Some best practices on the
technology side include:
- Stipulating that if a personal device
with access to the network is lost or stolen, IT will immediately wipe it
clean. While users may worry about losing personal information, wiping the
device will also protect against stolen passwords and credit card information.
- Disable all external ports (USB ports in
particular) that can be used to transfer data onto an external hard drive
or thumb drive or malware from an external drive to the device. IT may
even want to disable data transfer capabilities of charging ports on
mobile devices, at least for users who travel frequently. Fake charging
stations (known as juice-jacking) can quickly download all of
the contents off a device, capturing valuable data, saved passwords and
other information.
- Prevent PHI from being downloaded into a
device’s storage. That may mean changing technologies, which can be
painful but not as painful as a data breach. Look for applications that
enable users to view PHI remotely but do not download it onto the device.
The user front
The technology front is the
easier one to manage. It is rules-based, and for the most part, IT has control
over all the elements within it. Getting
users to become aware of healthcare security requirements and educating them on
how to protect themselves (and the enterprise) is far more challenging. It’s not just a matter of neophytes or
technophobes versus experts.
Recently, a cybersecurity
expert told a story on the radio about finishing a lecture on that topic. As he
walked off the stage he saw a short message asking him to look over a document.

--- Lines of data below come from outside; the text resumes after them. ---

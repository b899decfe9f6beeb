-- ===== src/Base/Maps.antt =====
-- A `Map`, as the function that its `get` is; `eq` tells its keys apart.
use mathlib.Core.Path.{◌≡◌}
use mathlib.Core.Bool.{Bool, true, false}
use mathlib.Core.Option.{Option, none, some}
use email_to_telegram.Base.Tests.{if◌then◌else◌}

module _ {ℓ ℓ'} {K : Type ℓ} {V : Type ℓ'} (eq : K → K → Bool) where
  abbrev pub set : K → V → (K → Option V) → K → Option V
  set k v m = λ j. if eq j k then some v else m j

  abbrev pub delete : K → (K → Option V) → K → Option V
  delete k m = λ j. if eq j k then none else m j

  pub set-hit : (k : K) (v : V) (m : K → Option V) (j : K) → eq j k ≡ true → set k v m j ≡ some v
  set-hit k v m j h = rw h

  pub set-miss : (k : K) (v : V) (m : K → Option V) (j : K) → eq j k ≡ false → set k v m j ≡ m j
  set-miss k v m j h = rw h

  pub delete-hit : (k : K) (m : K → Option V) (j : K) → eq j k ≡ true → delete k m j ≡ none
  delete-hit k m j h = rw h

  pub delete-miss : (k : K) (m : K → Option V) (j : K) → eq j k ≡ false → delete k m j ≡ m j
  delete-miss k m j h = rw h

He said he was about to click on the link when his Spidey-sense started
tingling, and he then realized it was an example of spear phishing. If an expert can be nearly fooled, it can
happen to anyone.
The key to preventing these
types of attacks is user education, especially about email and the use of
mobile devices. Tell users:
- Be very careful about opening emails or
texts with messages such as “Hey check this out” or “Can you look this
over” with no other context. Techniques such as spear phishing play on our
natural tendencies to connect or to help others. When in doubt, users
should ask a co-worker to review. They should also forward fake messages
to IT to make them aware of the issue.
- Never connect to an unsecured Wi-Fi
network in a public location. It may be more convenient to connect
directly than to go to the counter and ask for a password, but it’s not
uncommon for cybercriminals to set up a Wi-Fi connection that appears to
be provided by the business. Once users log onto that network,
cybercriminals can see/capture all the data that passes through them and
use key loggers to capture passwords for future intrusions.

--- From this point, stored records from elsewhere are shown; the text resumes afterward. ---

-- ===== src/Activation/NoticeQueue.antt =====
-- `ActivationNoticeQueue` and its jobs (src/activation/noticeQueue.ts) with their bounds
-- (src/activation/bounds.ts). A buffer is its length, the clock's readings are arguments, and so is
-- what the runner of a job and the work of an authentication come to.
pub mod Unsettled
pub mod Phases
use email_to_telegram.Base.{
  ℕ, ◌+◌, ◌-◌, ◌*◌, min, String, Bool, true, false, not, ◌&&◌, ◌||◌, Option, none, some, or_else,
  is_truthy, ltb, leb, ◌⊎◌, inl, inr, if◌then◌else◌,
}

-- The bounds that are numbers of jobs, bytes or milliseconds in the queue.
pub record NoticeBounds : Type 0 where
  pub max_admitted_jobs : ℕ
  pub max_concurrent_authentications : ℕ
  pub max_held_mime_bytes : ℕ
  pub max_job_age_at_start_ms : ℕ
  pub job_deadline_ms : ℕ
  pub authentication_budget_ms : ℕ

abbrev pub notice_bounds : NoticeBounds
notice_bounds = record {
  max_admitted_jobs = 8;
  max_concurrent_authentications = 2;
  max_held_mime_bytes = 4 * 1024 * 1024;
  max_job_age_at_start_ms = 60000;
  job_deadline_ms = 20000;
  authentication_budget_ms = 8000;
}

pub data ActivationNoticeStage : Type 0 where
  raw preflight : ActivationNoticeStage

pub data ActivationNoticeResult : Type 0 where
  sent gated not_claimed dropped stale failed : ActivationNoticeResult

pub record ActivationNoticeRequest : Type 0 where
  pub stage : ActivationNoticeStage
  pub alias_id : ℕ
  pub header_from_domain : Option String
  pub envelope_from : Option String
  pub raw_mime : Option ℕ

pub record ActivationNoticeJob : Type 0 where
  pub stage : ActivationNoticeStage
  pub alias_id : ℕ
  pub header_from_domain : Option String
  pub envelope_from : Option String
  pub mime : Option ℕ
  pub admitted_at : ℕ

pub record ActivationNoticeQueue : Type 0 where
  pub closed : Bool
  pub admitted_jobs : ℕ
  pub held_mime : ℕ

abbrev pub new_queue : ActivationNoticeQueue
new_queue = record { closed = false; admitted_jobs = 0; held_mime = 0 }

abbrev pub fitting : NoticeBounds → ℕ → Option ℕ → Option ℕ
fitting b held none = none
fitting b held (some bytes) =
    if ltb 0 bytes && leb (held + bytes) b.max_held_mime_bytes then some bytes else none

-- The MIME that is worth holding and fits.
abbrev pub mime_of : NoticeBounds → ℕ → ActivationNoticeRequest → Option ℕ
mime_of b held request =
    if is_truthy request.header_from_domain then fitting b held request.raw_mime else none

abbrev pub job_of :
    NoticeBounds → ActivationNoticeQueue → ActivationNoticeRequest → ℕ → ActivationNoticeJob
job_of b q request now = record {
  stage = request.stage;
  alias_id = request.alias_id;
  header_from_domain = request.header_from_domain;
  envelope_from = request.envelope_from;
  mime = mime_of b q.held_mime request;
  admitted_at = now;
}

abbrev pub mime_bytes : ActivationNoticeJob → ℕ
mime_bytes job = or_else job.mime 0

-- The job that was admitted, if one was.
unfoldable pub admit :
    NoticeBounds
    → ActivationNoticeQueue
    → ActivationNoticeRequest
    → ℕ
    → ActivationNoticeQueue × Option ActivationNoticeJob
admit b q request now =
    let job = job_of b q request now in
    if q.closed || leb b.max_admitted_jobs q.admitted_jobs then (q, none) else (
      record q { admitted_jobs = q.admitted_jobs + 1; held_mime = q.held_mime + mime_bytes job },
      some job,
    )

-- The `finally` of an admitted job.
unfoldable pub settle : ActivationNoticeJob → ActivationNoticeQueue → ActivationNoticeQueue
settle job q = record q {
  admitted_jobs = q.admitted_jobs - 1;
  held_mime = q.held_mime - mime_bytes job;
}

-- `shutdown`, up to the wait. `closed` also stands for the signal, which is aborted with it.
unfoldable pub shutdown : ActivationNoticeQueue → ActivationNoticeQueue
shutdown q = record q { closed = true }

pub record JobContext : Type 0 where
  pub deadline_at : ℕ

abbrev pub job_context : NoticeBounds → ℕ → JobContext
job_context b now = record { deadline_at = now + b.job_deadline_ms }

pub data StopReason : Type 0 where
  by_shutdown by_deadline : StopReason

-- What `beginPhase` throws, where it throws.
unfoldable pub begin_phase : JobContext → Bool → ℕ → Option StopReason
begin_phase ctx aborted now =
    if aborted then some by_shutdown else if leb ctx.deadline_at now then some by_deadline else none

unfoldable pub can_start_phase : JobContext → Bool → ℕ → Bool
can_start_phase ctx aborted now = not aborted && ltb now ctx.deadline_at

-- What the runner of a job comes to.
pub data Ran : Type 0 where
  returned : ActivationNoticeResult → Ran
  phase_stopped other_error : Ran

abbrev pub ran_result : Ran → ActivationNoticeResult
ran_result (returned result) = result
ran_result phase_stopped = dropped
ran_result other_error = failed

-- Whether the job's runner is called, and the result that is recorded.
abbrev pub starts : NoticeBounds → ActivationNoticeQueue → ActivationNoticeJob → ℕ → Bool
starts b q job now = not (q.closed || ltb (job.admitted_at + b.max_job_age_at_start_ms) now)

unfoldable pub run_job :
    NoticeBounds
    → ActivationNoticeQueue
    → ActivationNoticeJob
    → ℕ
    → (JobContext → Ran)
    → ℕ
    → ActivationNoticeResult
run_job b q job created runner now =
    if starts b q job now then ran_result (runner (job_context b created)) else dropped

pub data AuthenticationOutcome {ℓ} (T : Type ℓ) : Type ℓ where
  authenticated : T → AuthenticationOutcome T
  over_budget was_stopped raised : AuthenticationOutcome T

-- How a wait for a slot and the work end: the slot was not given, or the first of the work's end and
-- the stop. The flag says whether the shutdown's signal was aborted at a stop.
pub data AuthenticationRace {ℓ} (T : Type ℓ) : Type ℓ where
  no_slot : Bool → AuthenticationRace T
  stopped_first : Bool → AuthenticationRace T
  worked : T → AuthenticationRace T
  work_failed : AuthenticationRace T

abbrev pub authentication_budget : NoticeBounds → JobContext → ℕ → ℕ
authentication_budget b ctx now = min b.authentication_budget_ms (ctx.deadline_at - now)

abbrev pub stop_of {ℓ} : {T : Type ℓ} → Bool → AuthenticationOutcome T
stop_of aborted = if aborted then was_stopped else over_budget

abbrev pub race_of {ℓ} : {T : Type ℓ} → AuthenticationRace T → AuthenticationOutcome T
race_of (no_slot aborted) = stop_of aborted
race_of (stopped_first aborted) = stop_of aborted
race_of (worked value) = authenticated value
race_of work_failed = raised

-- `authenticate`: the reason that `beginPhase` throws, or the outcome.
unfoldable pub authenticate {ℓ} :
    {T : Type ℓ}
    → JobContext
    → Bool
    → ℕ
    → AuthenticationRace T
    → StopReason ⊎ AuthenticationOutcome T
authenticate ctx aborted now race = elim (begin_phase ctx aborted now) [
  | some reason ↦ inl reason
  | none ↦ inr (race_of race)
]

- Don’t react or respond to messages
claiming to be from the IRS, FBI or some other government agency –
especially if there is an urgent time factor attached to it. That’s not
how government agencies operate. Again, the proper reaction is to either
delete the email or ask a co-worker to give it a look and forward to IT so
they can address any security holes.
- Never leave downloaded PHI on any
device. Lost or stolen devices with PHI become a cornucopia for
cybercriminals. Users should close all sessions when they are finished,
preferably before they leave the facility. If they are reviewing data
remotely, be sure to close the session and the application.
- Never store passwords on a device. Yes,
it’s inconvenient to have to enter a password each time users want to
access an applications, but better that than leaving a wide open entryway
into the network.
Finally, when it comes to
security, users should be pessimistic in their approach. Assume any unusual
emails or texts are attempts to breach the network, and any unsecured Wi-Fi
networks are being used to steal data.